B. Defendant B, along with a number of persons with poor names, did not obtain authorization or permission under relevant Acts and subordinate statutes, intended to engage in fund-raising activities, such as raising money from many domestic investors under the pretext of “FX exchange transactions (foreign futures trading)” and, on the Internet Brogs, etc., “D is a company that obtains profits through futures trading, etc.

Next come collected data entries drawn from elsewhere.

-- ===== src/Client/Scan.antt =====
-- outback/outback_client_numa.hh, `numa_search`: the search in one region, over what it reads in
-- the row.
use outback_cxl_numa.Base.{
  ℕ, zero, suc, ◌+◌, ◌^◌, ◌≤◌, ◌<◌, ◌≡◌, ◌≢◌, ◌⊎◌, inl, inr, sym, ap, ◌∙◌, arith, false, some, ◌==◌,
  if_cases, ==_iff, ne→==, ℕ_discrete,
}
use outback_cxl_numa.Ludo.{Ludo}
use outback_cxl_numa.Slot.{LudoBuckets, read_addr, write_addr}
use outback_cxl_numa.Slot.Buckets.{slots-write_addr_ne, read-write_addr}
use outback_cxl_numa.Packed.{PackedData, read_key, update_data, sizeof_val}
use outback_cxl_numa.Resize.{Region}
use outback_cxl_numa.Client.Ops.{makeup_get, search_region}

module _ (g : Region) (key row slot val : ℕ) where
  abbrev addr_of : ℕ → ℕ
  addr_of i = read_addr g.buckets row i

  -- An entry of the key that slot `i` points to has the value.
  abbrev Agrees : ℕ → Type 0
  Agrees i = read_key g.packed (addr_of i) ≡ key → (g.packed.raw_array (addr_of i)).value ≡ val

  makeup_get-finds :
      (t n s : ℕ)
      → s ≤ t
      → t < s + n
      → t ≢ slot
      → addr_of t ≢ 0
      → read_key g.packed (addr_of t) ≡ key
      → ((i : ℕ) → i ≢ slot → addr_of i ≢ 0 → Agrees i)
      → makeup_get g key row slot n s ≡ some val
  unfolding makeup_get
  makeup_get-finds t zero s lo hi ne nz e all = absurd (omega arith)
  makeup_get-finds t (suc n) s lo hi ne nz e all = elim (ℕ_discrete s t) [
    | yes q ↦
        let ne' : s ≢ slot = λ z. ne (sym q ∙ z) in
        let nz' : addr_of s ≢ 0 = rw q nz in
        let e' : read_key g.packed (addr_of s) ≡ key = rw q e in
        rw (ne→== s slot ne', ne→== (addr_of s) 0 nz', (==_iff _ _).1 e')
          (ap some (all s ne' nz' e'))
    | no q ↦
        let rest = makeup_get-finds t n (s + 1) (omega arith) (omega arith) ne nz e all in
        if_cases (λ r. r ≡ some val) (s == slot) (λ _. rest)
          (λ a.
            if_cases (λ r. r ≡ some val) (addr_of s == 0) (λ _. rest)
              (λ b.
                if_cases (λ r. r ≡ some val) (read_key g.packed (addr_of s) == key)
                  (λ k. ap some (
                    all s (λ z. cc (sym a ∙ (==_iff s slot).1 z))
                      (λ z. cc (sym b ∙ (==_iff (addr_of s) 0).1 z)) ((==_iff _ _).0 k)))
                  (λ _. rest)))
  ]

  -- The search finds the value when a slot that it looks at points to an entry of the key, and every
  -- such entry has the value.
  search_region-finds :
      (t : ℕ)
      → t < 4
      → (t ≡ slot) ⊎ (addr_of t ≢ 0)
      → read_key g.packed (addr_of t) ≡ key
      → Agrees slot
      → ((i : ℕ) → i ≢ slot → addr_of i ≢ 0 → Agrees i)
      → search_region g key (row, slot) ≡ some val
  unfolding search_region
  search_region-finds t lt at_ e own all =
      if_cases (λ r. r ≡ some val) (read_key g.packed (addr_of slot) == key)
        (λ k. ap some (own ((==_iff _ _).0 k))) (λ k. scan k at_ (ℕ_discrete t slot))
    where
      scan :
          (read_key g.packed (addr_of slot) == key) ≡ false
          → (t ≡ slot) ⊎ (addr_of t ≢ 0)
          → Dec (t ≡ slot)
          → makeup_get g key row slot 4 0 ≡ some val
      scan k a (yes q) =
          let e' : read_key g.packed (addr_of slot) ≡ key = rw (sym q) e in
          absurd (cc (sym k ∙ (==_iff _ _).1 e'))
      scan k (inl q) (no n) = absurd (n q)
      scan k (inr nz) (no n) = makeup_get-finds t 4 0 (omega arith) (omega arith) n nz e all

  pub search_region-own :
      read_key g.packed (addr_of slot) ≡ key
      → (g.packed.raw_array (addr_of slot)).value ≡ val
      → search_region g key (row, slot) ≡ some val
  unfolding search_region
  search_region-own e w = rw ((==_iff _ _).1 e) (ap some w)

-- The region after a new entry.
abbrev pub with_entry : Ludo → Region → ℕ → ℕ → ℕ → ℕ → ℕ → Region
with_entry ludo g key val row t idx = record {
  buckets = write_addr ludo g.buckets key row t idx 64;
  packed = update_data g.packed idx key sizeof_val val;
}

-- Apart from the written slot, no slot of the row points to an entry of the key.
abbrev pub Absent : Region → ℕ → ℕ → ℕ → Type 0
Absent g key row t =
    (i : ℕ)
    → i ≢ t
    → read_addr g.buckets row i ≢ 0
    → read_key g.packed (read_addr g.buckets row i) ≢ key

module _ (ludo : Ludo) (b : LudoBuckets) (key row t idx : ℕ) where
  read_addr-write_addr : idx < 2 ^ 40 → read_addr (write_addr ludo b key row t idx 64) row t ≡ idx
  read_addr-write_addr small =
      (read-write_addr ludo b key row t idx 64 (omega arith)).1 ∙ omega arith

  read_addr-write_addr_ne :
      (i : ℕ) → i ≢ t → read_addr (write_addr ludo b key row t idx 64) row i ≡ read_addr b row i
  unfolding read_addr
  read_addr-write_addr_ne i n = rw (slots-write_addr_ne ludo b key row t idx 64 row i (inr n))

module _ (p : PackedData) (idx : ℕ) where
  update_key : (key val : ℕ) → read_key (update_data p idx key sizeof_val val) idx ≡ key
  unfolding read_key update_data
  update_key key val = ground arith

  update_value : (key val : ℕ) → ((update_data p idx key sizeof_val val).raw_array idx).value ≡ val
  unfolding update_data
  update_value key val = ground arith

  update_agrees :
      (a key val : ℕ)
      → read_key p a ≢ key
      → read_key (update_data p idx key sizeof_val val) a ≡ key
      → ((update_data p idx key sizeof_val val).raw_array a).value ≡ val
  unfolding read_key update_data
  update_agrees a key val n = ground arith

pub search-own_entry :
    (ludo : Ludo) (g : Region) (key val row slot idx : ℕ)
    → idx < 2 ^ 40
    → search_region (with_entry ludo g key val row slot idx) key (row, slot) ≡ some val
search-own_entry ludo g key val row slot idx small =
    let w = read_addr-write_addr ludo g.buckets key row slot idx small in
    search_region-own (with_entry ludo g key val row slot idx) key row slot val
      (rw w (update_key g.packed idx key val)) (rw w (update_value g.packed idx key val))

pub search-with_entry :
    (ludo : Ludo) (g : Region) (key val row slot t idx : ℕ)
    → t < 4
    → (t ≡ slot) ⊎ (idx ≢ 0)
    → idx < 2 ^ 40
    → (slot ≢ t → read_key g.packed (read_addr g.buckets row slot) ≢ key)
    → Absent g key row t
    → search_region (with_entry ludo g key val row t idx) key (row, slot) ≡ some val
search-with_entry ludo g key val row slot t idx lt at_ small own absent =
    search_region-finds (with_entry ludo g key val row t idx) key row slot val t lt (place at_)
      (rw written (update_key g.packed idx key val)) (agree slot own)
      (λ i n nz. agree i (λ m. absent i m (λ z. nz (elsewhere i m ∙ z))))
  where
    written : read_addr (write_addr ludo g.buckets key row t idx 64) row t ≡ idx
    written = read_addr-write_addr ludo g.buckets key row t idx small

    elsewhere :
        (i : ℕ)
        → i ≢ t
        → read_addr (write_addr ludo g.buckets key row t idx 64) row i ≡ read_addr g.buckets row i
    elsewhere i n = read_addr-write_addr_ne ludo g.buckets key row t idx i n

    place :
        (t ≡ slot) ⊎ (idx ≢ 0)
        → (t ≡ slot) ⊎ (read_addr (write_addr ludo g.buckets key row t idx 64) row t ≢ 0)
    place (inl e) = inl e
    place (inr n) = inr (rw written n)

    agree :
        (i : ℕ)
        → (i ≢ t → read_key g.packed (read_addr g.buckets row i) ≢ key)
        → Agrees (with_entry ludo g key val row t idx) key row slot val i
    agree i other = elim (ℕ_discrete i t) [
      | yes e ↦ rw (e, written) (λ _. update_value g.packed idx key val)
      | no n ↦ rw (elsewhere i n) (update_agrees g.packed idx _ key val (other n))
    ]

If it invests in 12.50,000,000 won in Korean currency as of 1000,000 won, it shall be paid 300,000,000,000 won compared to principal over 15 months.” On the other hand, Defendant C, a stock company (hereinafter “E”) around September 2014, requested a investment advisory meeting with the above similar contents to receive the said investment funds from abroad remittance and management under the condition that it will pay 2% of the said investment funds as commission, and accordingly, it was planned to receive the said investment funds from abroad to 300,000,000 won from December 29, 20158.

C. From February 25, 2015 to March 27, 2015, the Plaintiff also remitted the sum of KRW 196,250,000 to the E’s national bank account between February 25, 2015 and March 27, 2015.

On the other hand, most of the investments received by Defendant B and D did not transfer to a foreign country and planned to use them as dividends paid to subordinate domestic investors. It is unclear whether the investment goods sold by the said D are profitability and their possibility to redeem the profit. In addition, it is difficult for Defendant B and D to bring up its own sales or profits from the investment funds held by subordinate investors.